今日はも何も、この一ヶ月間、ずっとこの生活が続いているのだ。
良くも悪くもない。
普通だ。
「普通ですよ。でも、その普通がありがたいですね」
「あら、何かご老人みたいなこと言ってるわね。まだ学生なのに、そんな風だとすぐにおじさんになっちゃいますよ! 「少年老い易く学成り難し」ですからね!」
そんなことを言うナース服の看護師に俺は冗談っぽく呟く。
「いま、ちょっと萌えを感じましたよ」
「うわ! それおじさんっぽいからやめた方がいいよ!」
看護師は俺の世話を終わらせ、そのまま部屋を出て行った。
笑顔が可愛いし、ちょっとツンデレっぽくていい。なによりもナース服がいい。
俺は窓の外、風に吹かれて今にも飛んでいきそうな一枚の枯れ葉を眺める。
「縁起でもないな……死亡フラグじゃねえか……」
俺は、あれから裁判に掛けられた。
当然だ。
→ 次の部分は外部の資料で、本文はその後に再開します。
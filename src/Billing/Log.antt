-- ===== src/Billing/Log.antt =====
-- src/billing.rs: `persist_terminal_request_log`, which writes the log row of a request and its rollups in one
-- transaction. Dates and texts of dates are the crate chrono's, and the database answers are arguments.
use text.Mathlib.Text.{◌==◌ as str_eq}
use clewdr_hub.Common.{
  ℕ, ◌+◌, String, Bool, true, false, ◌&&◌, Option, none, some, List, [], ◌∷◌, ◌++◌, if◌then◌else◌,
  is_some, and_then, or_else, ◌==◌, ℤ, pos, pos_part, neg_part, sub_ℕ,
}
use clewdr_hub.Billing.{BillingUsage, RequestType, messages, request_type_str, cost_nanousd, as_i64}
use clewdr_hub.Billing.Model.{normalize_model, compute_model_key}

-- A day, as chrono's `NaiveDate`.
pub record NaiveDate : Type 0 where
  pub year : ℤ
  pub month : ℕ
  pub day : ℕ

-- What chrono and the standard library do: the day of a time in UTC, the days since Monday, the day `n` days after
-- another or before it, a day's midnight as text, a time as text, the day at UTC+8 as text, and `str::trim`.
pub record Calendar : Type 0 where
  pub date_of : ℤ → NaiveDate
  pub num_days_from_monday : ℤ → ℕ
  pub days_after : NaiveDate → ℕ → NaiveDate
  pub days_before : NaiveDate → ℕ → NaiveDate
  pub midnight : NaiveDate → String
  pub to_rfc3339 : ℤ → String
  pub bucket_date : ℤ → String
  pub trim : List ℕ → List ℕ

-- `current_week_bounds`.
unfoldable pub current_week_bounds : Calendar → ℤ → String × String
current_week_bounds cal now =
    let monday = cal.days_before (cal.date_of now) (cal.num_days_from_monday now) in
    (cal.midnight monday, cal.midnight (cal.days_after monday 7))

abbrev next_month : NaiveDate → NaiveDate
next_month d =
    if d.month == 12
    then record { year = sub_ℕ (pos_part d.year + 1) (neg_part d.year); month = 1; day = 1 }
    else record { year = d.year; month = d.month + 1; day = 1 }

-- `current_month_bounds`.
unfoldable pub current_month_bounds : Calendar → ℤ → String × String
current_month_bounds cal now =
    let d = cal.date_of now in (cal.midnight (record d { day = 1 }), cal.midnight (next_month d))

-- `lookup_prices`, by the answer of `lookup_model_pricing`: an error, no row, or the prices.
pub data PriceAnswer : Type 0 where
  failed no_row : PriceAnswer
  prices : ℤ → ℤ → PriceAnswer

abbrev pub fallback_prices : ℤ × ℤ
fallback_prices = (pos 15000, pos 75000)

abbrev answered_prices : PriceAnswer → ℤ × ℤ
answered_prices (prices i o) = (i, o)
answered_prices failed = fallback_prices
answered_prices no_row = fallback_prices

unfoldable pub lookup_prices : Option (List ℕ) → (List ℕ → PriceAnswer) → ℤ × ℤ
lookup_prices none db = fallback_prices
lookup_prices (some key) db = answered_prices (db key)

-- `RequestAuditSnapshot` of src/db/models.rs.
pub record RequestAuditSnapshot : Type 0 where
  pub peer_ip : String
  pub client_ip : String
  pub ip_source : String
  pub forwarded_chain : Option String
  pub user_agent : Option String
  pub anthropic_version : Option String
  pub anthropic_beta : Option String
  pub api_surface : Option String
  pub content_length : Option ℤ

-- `BillingContext`, without the database and the channel; a time is in milliseconds.
pub record BillingContext : Type 0 where
  pub user_id : Option ℕ
  pub api_key_id : Option ℕ
  pub account_id : Option ℕ
  pub model_raw : List ℕ
  pub request_id : String
  pub started_at : ℤ
  pub audit : Option RequestAuditSnapshot

-- `TerminalLogOptions`.
pub record TerminalLogOptions : Type 0 where
  pub request_type : RequestType
  pub stream : Bool
  pub status : String
  pub http_status : Option ℕ
  pub usage : Option BillingUsage
  pub error_code : Option String
  pub error_message : Option String
  pub update_rollups : Bool
  pub response_body : Option String

-- `RequestLogRow` of src/db/billing.rs.
pub record RequestLogRow : Type 0 where
  pub request_id : String
  pub request_type : String
  pub user_id : Option ℕ
  pub api_key_id : Option ℕ
  pub account_id : Option ℕ
  pub model_raw : Option (List ℕ)
  pub model_normalized : Option (List ℕ)
  pub model_key : List ℕ
  pub usage_accounted : Bool
  pub stream : Bool
  pub started_at : String
  pub completed_at : Option String
  pub duration_ms : Option ℤ
  pub ttft_ms : Option ℤ
  pub status : String
  pub http_status : Option ℕ
  pub input_tokens : Option ℤ
  pub output_tokens : Option ℤ
  pub cache_creation_tokens : Option ℤ
  pub cache_read_tokens : Option ℤ
  pub priced_input_nanousd_per_token : Option ℤ
  pub priced_output_nanousd_per_token : Option ℤ
  pub cost_nanousd : ℤ
  pub error_code : Option String
  pub error_message : Option String
  pub response_body : Option String

-- A statement of the transaction; the audit row has the id of the log row before it.
pub data Statement : Type 0 where
  insert_request_log : RequestLogRow → Statement
  insert_request_log_audit : RequestAuditSnapshot → Statement
  upsert_week : ℕ → String × String → BillingUsage → ℤ → Statement
  upsert_month : ℕ → String × String → BillingUsage → ℤ → Statement
  upsert_usage_lifetime_total : ℕ → BillingUsage → ℤ → Statement
  upsert_usage_daily_rollup : ℕ → List ℕ → String → BillingUsage → ℤ → Statement

-- How the database answers: the prices, and whether the transaction begins, each of its statements runs, and it commits.
pub record DbAnswer : Type 0 where
  pub pricing : List ℕ → PriceAnswer
  pub begins : Bool
  pub runs : Statement → Bool
  pub commits : Bool

abbrev pub is_messages : RequestType → Bool
is_messages messages = true
is_messages _ = false

-- `usage_accounted`.
unfoldable pub usage_accounted : TerminalLogOptions → Bool
usage_accounted opts = is_messages opts.request_type && is_some opts.usage && opts.update_rollups

-- The prices and the cost of a request; without usage there are none.
abbrev pub prices_of : BillingContext → TerminalLogOptions → DbAnswer → Option (ℤ × ℤ)
prices_of ctx opts db =
    and_then opts.usage (λ u. some (lookup_prices (normalize_model ctx.model_raw) db.pricing))

abbrev pub usage_cost : Option BillingUsage → ℤ × ℤ → ℤ
usage_cost none p = pos 0
usage_cost (some u) p = cost_nanousd u p.0 p.1

unfoldable pub request_cost : BillingContext → TerminalLogOptions → DbAnswer → ℤ
request_cost ctx opts db =
    usage_cost opts.usage (lookup_prices (normalize_model ctx.model_raw) db.pricing)

abbrev unless_none : List ℕ → Option (List ℕ)
unless_none [] = none
unless_none (c ∷ cs) = some (c ∷ cs)

-- The milliseconds from a time to another.
abbrev span : ℤ → ℤ → ℤ
span from to = sub_ℕ (pos_part to + neg_part from) (neg_part to + pos_part from)

unfoldable pub log_row :
    Calendar → ℤ → BillingContext → TerminalLogOptions → DbAnswer → RequestLogRow
log_row cal now ctx opts db =
    let normalized = normalize_model ctx.model_raw in
    record {
      request_id = ctx.request_id;
      request_type = request_type_str opts.request_type;
      user_id = ctx.user_id;
      api_key_id = ctx.api_key_id;
      account_id = ctx.account_id;
      model_raw = unless_none ctx.model_raw;
      model_normalized = normalized;
      model_key = compute_model_key cal.trim ctx.model_raw normalized;
      usage_accounted = usage_accounted opts;
      stream = opts.stream;
      started_at = cal.to_rfc3339 ctx.started_at;
      completed_at = some (cal.to_rfc3339 now);
      duration_ms = some (span ctx.started_at now);
      ttft_ms = and_then opts.usage (λ u. u.ttft_ms);
      status = opts.status;
      http_status = opts.http_status;
      input_tokens = and_then opts.usage (λ u. some (as_i64 u.input_tokens));
      output_tokens = and_then opts.usage (λ u. some (as_i64 u.output_tokens));
      cache_creation_tokens = and_then opts.usage (λ u. some (as_i64 u.cache_creation_tokens));
      cache_read_tokens = and_then opts.usage (λ u. some (as_i64 u.cache_read_tokens));
      priced_input_nanousd_per_token = and_then (prices_of ctx opts db) (λ p. some p.0);
      priced_output_nanousd_per_token = and_then (prices_of ctx opts db) (λ p. some p.1);
      cost_nanousd = request_cost ctx opts db;
      error_code =
          or_else opts.error_code (if str_eq opts.status "ok" then none else some opts.status);
      error_message = opts.error_message;
      response_body = opts.response_body;
    }

abbrev pub audit_statements : Option RequestAuditSnapshot → List Statement
audit_statements none = []
audit_statements (some audit) = insert_request_log_audit audit ∷ []

-- The four rollups of a request that a user has made.
unfoldable pub rollup_statements :
    Calendar → ℤ → BillingContext → ℤ → Option ℕ → Option BillingUsage → List Statement
rollup_statements cal now ctx cost (some user_id) (some usage) =
    upsert_week user_id (current_week_bounds cal now) usage cost
    ∷ upsert_month user_id (current_month_bounds cal now) usage cost
    ∷ upsert_usage_lifetime_total user_id usage cost
    ∷ upsert_usage_daily_rollup user_id
        (compute_model_key cal.trim ctx.model_raw (normalize_model ctx.model_raw))
        (cal.bucket_date ctx.started_at) usage cost
    ∷ []
rollup_statements cal now ctx cost _ _ = []

-- The statements of the transaction, in order.
unfoldable pub statements :
    Calendar → ℤ → BillingContext → TerminalLogOptions → DbAnswer → List Statement
statements cal now ctx opts db =
    insert_request_log (log_row cal now ctx opts db) ∷ audit_statements ctx.audit
    ++ (if usage_accounted opts
        then rollup_statements cal now ctx (request_cost ctx opts db) ctx.user_id opts.usage
        else [])

-- Each statement runs before the next, and the first that fails ends the transaction.
unfoldable pub runs_all : (Statement → Bool) → List Statement → Bool
runs_all runs [] = true
runs_all runs (st ∷ sts) = let rest = runs_all runs sts in if runs st then rest else false

-- `persist_terminal_request_log`: what is committed, and whether an event is sent.
unfoldable pub persist_terminal_request_log :
    Calendar → ℤ → BillingContext → TerminalLogOptions → DbAnswer → List Statement × Bool
persist_terminal_request_log cal now ctx opts db =
    let sts = statements cal now ctx opts db in
    if db.begins && runs_all db.runs sts && db.commits then (sts, true) else ([], false)

-- `persist_billing_to_db`.
unfoldable pub persist_billing_to_db :
    Calendar → ℤ → BillingContext → BillingUsage → Bool → DbAnswer → List Statement × Bool
persist_billing_to_db cal now ctx usage stream db =
    persist_terminal_request_log cal now ctx
      (record {
        request_type = messages;
        stream = stream;
        status = "ok";
        http_status = some 200;
        usage = some usage;
        error_code = none;
        error_message = none;
        update_rollups = true;
        response_body = none;
      })
      db

-- `persist_probe_log`.
unfoldable pub persist_probe_log :
    Calendar
    → ℤ
    → BillingContext
    → RequestType
    → String
    → Option ℕ
    → String
    → Option String
    → DbAnswer
    → List Statement × Bool
persist_probe_log cal now ctx request_type status http_status body error_message db =
    persist_terminal_request_log cal now ctx
      (record {
        request_type = request_type;
        stream = false;
        status = status;
        http_status = http_status;
        usage = none;
        error_code = and_then error_message (λ m. some status);
        error_message = error_message;
        update_rollups = false;
        response_body = some body;
      })
      db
NZO内で人を二人も殺しているのだ。
しかし、第一審では軽い判決が降りた。
懲役3年で1年の執行猶予付きだ。
執行猶予付きということは、一年間普通に暮らしていれば、懲役三年は見逃してもらえるということだ。
別に犯罪を犯すような柄でもないから、こちらとしては別に何も感じない。
前科は付くかもしれないけど……
俺はテレビの画面に映るいつもの顔にうんざりと溜息を吐いた。
「もう少し、良い写真使ってくれよ……」
俺はNZOから数万人を解放した英雄として報道されている。
ネット上では「VRMMOのイケメン英雄」やら「彼女に殺されかけた悲劇のヒーロー」やら、嬉しいやら恥ずかしいやら、これからの人生どうなるんだろう、やら……色々と複雑な感情を抱かせる書かれ方をしている。
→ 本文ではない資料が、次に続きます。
-- ===== src/Pool/Conservation/Sticky.antt =====
-- src/services/account_pool/fingerprint.rs and actor.rs: an account that was found banned, free, disabled or null
-- stays so until the database is read again.
use clewdr_hub.Common.{
  ℕ, ◌≡◌, ◌≢◌, refl, ◌∙◌, true, false, Option, none, some, arith, Bool-cases, Option-cases, inl,
  inr, ◌==◌, ==_iff, get, get-remove, get-insert, contains, not_both,
}
use clewdr_hub.Config.Reason.{Reason, free, disabled, banned, null, restricted, too_many_request}
use clewdr_hub.Config.Slot.{AccountSlot}
use clewdr_hub.Config.Runtime.{RuntimeStateParams}
use clewdr_hub.Pool.State.{PoolState}
use clewdr_hub.Pool.Fingerprint.{CredentialFingerprint, pool_slot, pool_credential_fingerprint}
use clewdr_hub.Pool.Collect.{
  RuntimeMergeMode, merge_runtime, take_valid, take_slot, place, rebucket, same_credential,
  sticky_entry, without_probe, collect_by_id,
}
use clewdr_hub.Pool.Conservation.Collect.{same_credential-ne-none}

module _ {C : Type 0} (id other : ℕ) (differs : (other == id) ≡ false) where
  -- Putting a slot into its bucket says nothing of another account.
  place-invalid :
      (t : PoolState C) (reason : Option Reason) (slot : AccountSlot)
      → get id (place t other reason slot).invalid ≡ get id t.invalid
  unfolding place
  place-invalid t none slot = ground arith
  place-invalid t (some (too_many_request until)) slot = refl
  place-invalid t (some (restricted until)) slot = refl
  place-invalid t (some free) slot = get-insert other id _ t.invalid ∙ rw differs
  place-invalid t (some disabled) slot = get-insert other id _ t.invalid ∙ rw differs
  place-invalid t (some banned) slot = get-insert other id _ t.invalid ∙ rw differs
  place-invalid t (some null) slot = get-insert other id _ t.invalid ∙ rw differs

  rebucket-invalid :
      (s : PoolState C) (update : RuntimeStateParams) (reason : Option Reason)
      (mode : RuntimeMergeMode)
      → get id (rebucket s other update reason mode).invalid ≡ get id s.invalid
  unfolding rebucket take_slot
  rebucket-invalid s update reason mode = elim (Option-cases (take_valid s other)) [
    | inr ((slot, others), e) ↦
        rw (e, rebucket, take_slot)
          (place-invalid _ reason (merge_runtime mode update slot)
            ∙ get-remove other id s.invalid
            ∙ rw differs)
    | inl e ↦ elim (Option-cases (get other s.exhausted)) [
      | inr (slot, g) ↦
          rw (e, g, rebucket, take_slot)
            (place-invalid _ reason (merge_runtime mode update slot)
              ∙ get-remove other id s.invalid
              ∙ rw differs)
      | inl g ↦ rw (e, g, rebucket, take_slot) refl
    ]
  ]

module _ {C : Type 0} where
  -- A returning request clears no sticky reason: whatever account it brings back, it is handled to its end,
  -- unless cutting that account's credential panics, and an account whose entry in `invalid` is free, disabled,
  -- banned or null has the same entry afterwards.
  pub collect_by_id-KeepsSticky :
      (s : PoolState C) (id other : ℕ) (update : RuntimeStateParams) (reason : Option Reason)
      (expected : Option CredentialFingerprint) (mode : RuntimeMergeMode)
      → sticky_entry (get id s.invalid) ≡ true
      → pool_credential_fingerprint s other ≢ none
      → (t : PoolState C) × (collect_by_id s other update reason expected mode
          ≡ some (t, contains other s.probing))
        × (get id t.invalid ≡ get id s.invalid)
  unfolding collect_by_id pool_credential_fingerprint pool_slot
  collect_by_id-KeepsSticky s id other update reason expected mode sticky cut =
      elim (Bool-cases (sticky_entry (get other s.invalid))) [
        | inl e ↦ (without_probe s other, rw (e, collect_by_id), refl)
        | inr e ↦ elim (Option-cases (same_credential (without_probe s other) other expected)) [
          | inl p ↦ absurd (same_credential-ne-none (without_probe s other) other expected cut p)
          | inr (true, p) ↦ (
            rebucket (without_probe s other) other update reason mode,
            rw (e, collect_by_id, p),
            rebucket-invalid id other (differ e) (without_probe s other) update reason mode,
          )
          | inr (false, p) ↦ (without_probe s other, rw (e, collect_by_id, p), refl)
        ]
      ]
    where
      differ : sticky_entry (get other s.invalid) ≡ false → (other == id) ≡ false
      differ e = elim (Bool-cases (other == id)) [
        | inl q ↦
            let same : sticky_entry (get other s.invalid) ≡ true =
              rw ((==_iff other id).0 q) sticky in
            absurd (not_both _ same e)
        | inr q ↦ q
      ]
そんな感じなので、前科は付いても、たぶん社会的なリンチに遭うことはないだろう。
面接とかも、事情を話せば受け入れてもらえる……と思う。
まあ、何事も実際にやってみないと分からないし、まだ一審の判決だ。
VRMMO内での殺人という前例のない裁判なので、たぶん最高裁までは行くだろう。
「十連ボスラッシュよりは全然いいや……」
俺はそんなことを言いながら、病院のベッドの上で寛ぐ。
「オタっち~! やっほ~!!(爆笑)」
「さっきーか。今日もどうも」
現れたのは、クセの強い黒髪に気の強そうなツリ目の、目立つ感じのギャルだ。
「いやぁ~今日は早く上がっちゃったよ~! 仕事全部部下に預けてさ!(笑)」
「それは可哀想だろ……」
さっきーは俺の妹の友達にいる「黒ギャルの佐々木」の姉だった。
佐々木とは違い、さっきーは別にギャルではないらしい。
俺から見たら普通に白ギャルだが……。
さっきーは病室から枯れ葉を眺めニッと笑う。
「そろそろオタっちの死期も近いね~!!」
「本気で言ってる? 俺はあのNZOを救ったヒーローなんだが?」
「自意識過剰キッッッッツ!(爆笑)」
「お前の冗談のほうがキツいだろ」
「"お前"じゃなくて"さっきー"な?」
さっきーは俺の頭をぐりぐりし、俺は悲鳴のような声で謝罪する。
「ごめんごめんって! で、さっきー……なんでわざわざ今日は早く上がってきたんだよ……。別に何も特別な日じゃないだろ?」
それを聞き、さっきーはちっちっちと人差し指を左右に振る。
少しムカつくが、俺は何も言わずに待つ。
「オタっちさあ、リナちゃんとのなんやかんやのせいで、今アレじゃん?(笑)」
「アレってなんだよ。てか笑うなよ。てか話題に出すなよ、それ……」
リナはあれから、ちゃんとNZOを生存して現実世界に戻ってきた。
戻って来たが、今彼女はネット上で強烈な誹謗中傷に晒され、家にまで脅迫状が送られてくるような惨状で部屋から出られないようだ。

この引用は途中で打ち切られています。